• _Provided data_
-- ===== src/Agent/Chat/Outcome.antt =====
-- crates/voice_server/src/agent/llmagent.rs: what a chat leaves in the memory and gives to its caller.
use voice_ai.Base.{
  ℕ, max, ◌≡◌, ◌⊎◌, refl, sym, ap, ◌∙◌, inl, inr, false, Option, none, some, List, [], ◌∷◌, ◌++◌,
  map, is_empty, any, Str, str_eq, ◌is◌, Bool-cases, append-nil, append_assoc, if◌then◌else◌,
  last_part,
}
use voice_ai.Agent.Memory.{Message}
use voice_ai.Agent.Memory.InMemory
use voice_ai.Agent.Memory.InMemory.{in_memory_store}
use voice_ai.Agent.Memory.Window
use voice_ai.Agent.Memory.Window.{Call, calls, said, said_from, in_memory-history}
use voice_ai.Client.{ClientError, LlmEvent, ModelTier, fast, strong, ChatMessage}
use voice_ai.Agent.Chat.{Act, asks, appends, yields, fails, Turn, chat, messages_of}
use voice_ai.Agent.Chat.Protocol.{
  Told, cut, broken, finished, told, Answered, refused, opened, at_once, Chatted, straight, raised,
  Chats, chat-Chatted, by_user, by_assistant,
}

abbrev pub yielded : List Act → List LlmEvent
yielded [] = []
yielded (yields e ∷ acts) = e ∷ yielded acts
yielded (_ ∷ acts) = yielded acts

abbrev pub recorded : List Act → List Message
recorded [] = []
recorded (appends m ∷ acts) = m ∷ recorded acts
recorded (_ ∷ acts) = recorded acts

abbrev pub errors : List Act → List ClientError
errors [] = []
errors (fails e ∷ acts) = e ∷ errors acts
errors (_ ∷ acts) = errors acts

abbrev pub asked : List Act → List ModelTier
asked [] = []
asked (asks tier messages ∷ acts) = tier ∷ asked acts
asked (_ ∷ acts) = asked acts

abbrev pub text : List LlmEvent → Str
text [] = []
text (e ∷ es) = e.delta ++ text es

-- What is remembered of a chat in which `u` was answered by the events `es`.
abbrev pub reply : Str → List LlmEvent → List Message
reply content es = if any (λ e. e.is_final) es then by_assistant content ∷ [] else []

abbrev pub exchange : Str → List LlmEvent → List Message
exchange u [] = []
exchange u (e ∷ es) = by_user u ∷ reply (text (e ∷ es)) (e ∷ es)

Told-recorded :
    {b : Str} {acts : List Act}
    → Told b acts
    → recorded acts ≡ reply (b ++ text (yielded acts)) (yielded acts)
Told-recorded cut = refl
Told-recorded broken = refl
Told-recorded {b} (finished {e = e} last) =
    rw last (ap (λ s. by_assistant (b ++ s) ∷ []) (sym (append-nil e.delta)))
Told-recorded {b} (told {e = e} {acts = acts} more t) =
    rw (more, ← append_assoc b e.delta (text (yielded acts))) (Told-recorded t)

Answered-recorded :
    {u : Str} {tier : ModelTier} {acts : List Act}
    → Answered u tier acts
    → recorded acts ≡ exchange u (yielded acts)
Answered-recorded refused = refl
Answered-recorded {u} (opened {e = e} {acts = acts} seen more t) =
    ap (λ l. by_user u ∷ l) (rw more (Told-recorded t))
Answered-recorded {u} (at_once {e = e} seen last) =
    rw last (ap (λ s. by_user u ∷ by_assistant s ∷ []) (sym (append-nil e.delta)))

Chatted-recorded :
    {u : Str} {messages : List ChatMessage} {acts : List Act}
    → Chatted u messages acts
    → recorded acts ≡ exchange u (yielded acts)
Chatted-recorded (straight choice a) = Answered-recorded a
Chatted-recorded (raised choice a) = Answered-recorded a

-- The calls of the store that a chat makes for its session.
abbrev pub store_calls : Str → List Act → List Call
store_calls sid acts = map (Window.appends sid) (recorded acts)

said-append :
    (sid : Str) (ds cs : List Call) (acc : List Message)
    → said_from sid acc (cs ++ ds) ≡ said_from sid (said_from sid acc cs) ds
said-append sid ds [] acc = refl
said-append sid ds (Window.appends other m ∷ cs) acc = said-append sid ds cs _
said-append sid ds (Window.clears other ∷ cs) acc = said-append sid ds cs _

said-appends :
    (sid other : Str) (acc ms : List Message)
    → said_from other acc (map (Window.appends sid) ms) ≡ (if sid is other then acc ++ ms else acc)
said-appends sid other acc [] = elim (Bool-cases (sid is other)) [
  | inl same ↦ rw same (sym (append-nil acc))
  | inr apart ↦ rw apart refl
]
said-appends sid other acc (m ∷ ms) =
    let acc' : List Message = if sid is other then acc ++ m ∷ [] else acc in
    said-appends sid other acc' ms ∙ step
  where
    step :
        (if sid is other
          then (if sid is other then acc ++ m ∷ [] else acc) ++ ms
          else (if sid is other then acc ++ m ∷ [] else acc))
        ≡ (if sid is other then acc ++ m ∷ ms else acc)
    step = elim (Bool-cases (sid is other)) [
      | inl same ↦ rw same (append_assoc acc (m ∷ []) ms)
      | inr apart ↦ rw apart refl
    ]

-- The histories of every session, when `cs` and then the calls of a chat were made.
abbrev pub Remembers :
    {World : Type 0} → ℕ → List Call → Turn World → Option (List Act × World) → Type 0
Remembers n cs t none = ⊥
Remembers n cs t (some (acts, w)) =
    (other : Str)
    → in_memory_store.history
        (calls in_memory_store (InMemory.new n) (cs ++ store_calls t.session_id acts)) other
      ≡ last_part (max n 1) (
          if t.session_id is other
          then said other cs ++ exchange t.user_input (yielded acts)
          else said other cs)

acts-Remembers :
    {World : Type 0} (n : ℕ) (cs : List Call) (t : Turn World) (messages : List ChatMessage)
    (o : Option (List Act × World))
    → Chats t.user_input messages o
    → Remembers n cs t o
acts-Remembers n cs t messages none c = elim c [ ]
acts-Remembers n cs t messages (some (acts, w)) c = λ other.
    in_memory-history n (cs ++ store_calls t.session_id acts) other
    ∙ ap (last_part (max n 1)) (
        said-append other (store_calls t.session_id acts) cs []
        ∙ said-appends t.session_id other (said other cs) (recorded acts)
        ∙ ap (λ ms. if t.session_id is other then said other cs ++ ms else said other cs)
            (Chatted-recorded c))

-- After any calls to the in-process store and a chat over the history of its session, whatever the
-- clients answer: the session of the chat has in addition what the chat showed, that is nothing when
-- no event was shown, else the input of the user and, when a final event was shown, one reply with
-- the text of all the events shown; every other session is as it was. The window keeps the last.
pub chat-Remembers :
    {World : Type 0} (n : ℕ) (cs : List Call) (t : Turn World) (w : World)
    → Remembers n cs t (
        chat 2 t
          (in_memory_store.history (calls in_memory_store (InMemory.new n) cs) t.session_id)
          w)
chat-Remembers n cs t w =
    let history =
      in_memory_store.history (calls in_memory_store (InMemory.new n) cs) t.session_id in
    acts-Remembers n cs t (messages_of history t.user_input) _ (chat-Chatted 0 t history w)

-- A text was shown; or nothing was shown or remembered, the strong model was the last one asked, and
-- the caller got one error.
abbrev pub Answers : {World : Type 0} → Option (List Act × World) → Type 0
Answers none = ⊥
Answers (some (acts, w)) =
    (is_empty (text (yielded acts)) ≡ false)
    ⊎ ((yielded acts ≡ [])
        × (recorded acts ≡ [])
        × ((asked acts ≡ strong ∷ []) ⊎ (asked acts ≡ fast ∷ strong ∷ []))
        × ((e : ClientError) × (errors acts ≡ e ∷ [])))

text_first : (d s : Str) → is_empty d ≡ false → is_empty (d ++ s) ≡ false
text_first [] s h = absurd (cc)
text_first (c ∷ d) s h = refl

acts-Answers :
    {World : Type 0} (u : Str) (messages : List ChatMessage) (o : Option (List Act × World))
    → Chats u messages o
    → Answers o
acts-Answers u messages none c = elim c [ ]
acts-Answers u messages (some (_, w)) (straight {acts = acts} choice refused) =
    inr (refl, refl, inl refl, (_, refl))
acts-Answers u messages (some (_, w)) (straight choice (opened {e = e} {acts = acts} seen more t)) =
    inl (text_first e.delta (text (yielded acts)) seen)
acts-Answers u messages (some (_, w)) (straight choice (at_once {e = e} seen last)) =
    inl (text_first e.delta [] seen)
acts-Answers u messages (some (_, w)) (raised choice refused) =
    inr (refl, refl, inr refl, (_, refl))
acts-Answers u messages (some (_, w)) (raised choice (opened {e = e} {acts = acts} seen more t)) =
    inl (text_first e.delta (text (yielded acts)) seen)
acts-Answers u messages (some (_, w)) (raised choice (at_once {e = e} seen last)) =
    inl (text_first e.delta [] seen)

-- Whatever the clients answer, two rounds of the loop bring a chat to an end in which its caller has
-- got a text; or nothing was shown or remembered, the strong model was the last one asked, and the
-- caller got one error.
pub chat-Answers :
    {World : Type 0} (t : Turn World) (history : List Message) (w : World)
    → Answers (chat 2 t history w)
chat-Answers t history w =
    acts-Answers t.user_input (messages_of history t.user_input) (chat 2 t history w)
      (chat-Chatted 0 t history w)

• _What you should do_
Scan the lines above for "asked (asks tier" and for "exchange u [] = []". Repeat exactly the line holding each of them and every line in between.

• _Task output_
asked (asks tier messages ∷ acts) = tier ∷ asked acts
asked (_ ∷ acts) = asked acts

abbrev pub text : List LlmEvent → Str
text [] = []
text (e ∷ es) = e.delta ++ text es

-- What is remembered of a chat in which `u` was answered by the events `es`.
abbrev pub reply : Str → List LlmEvent → List Message
reply content es = if any (λ e. e.is_final) es then by_assistant content ∷ [] else []

abbrev pub exchange : Str → List LlmEvent → List Message
exchange u [] = []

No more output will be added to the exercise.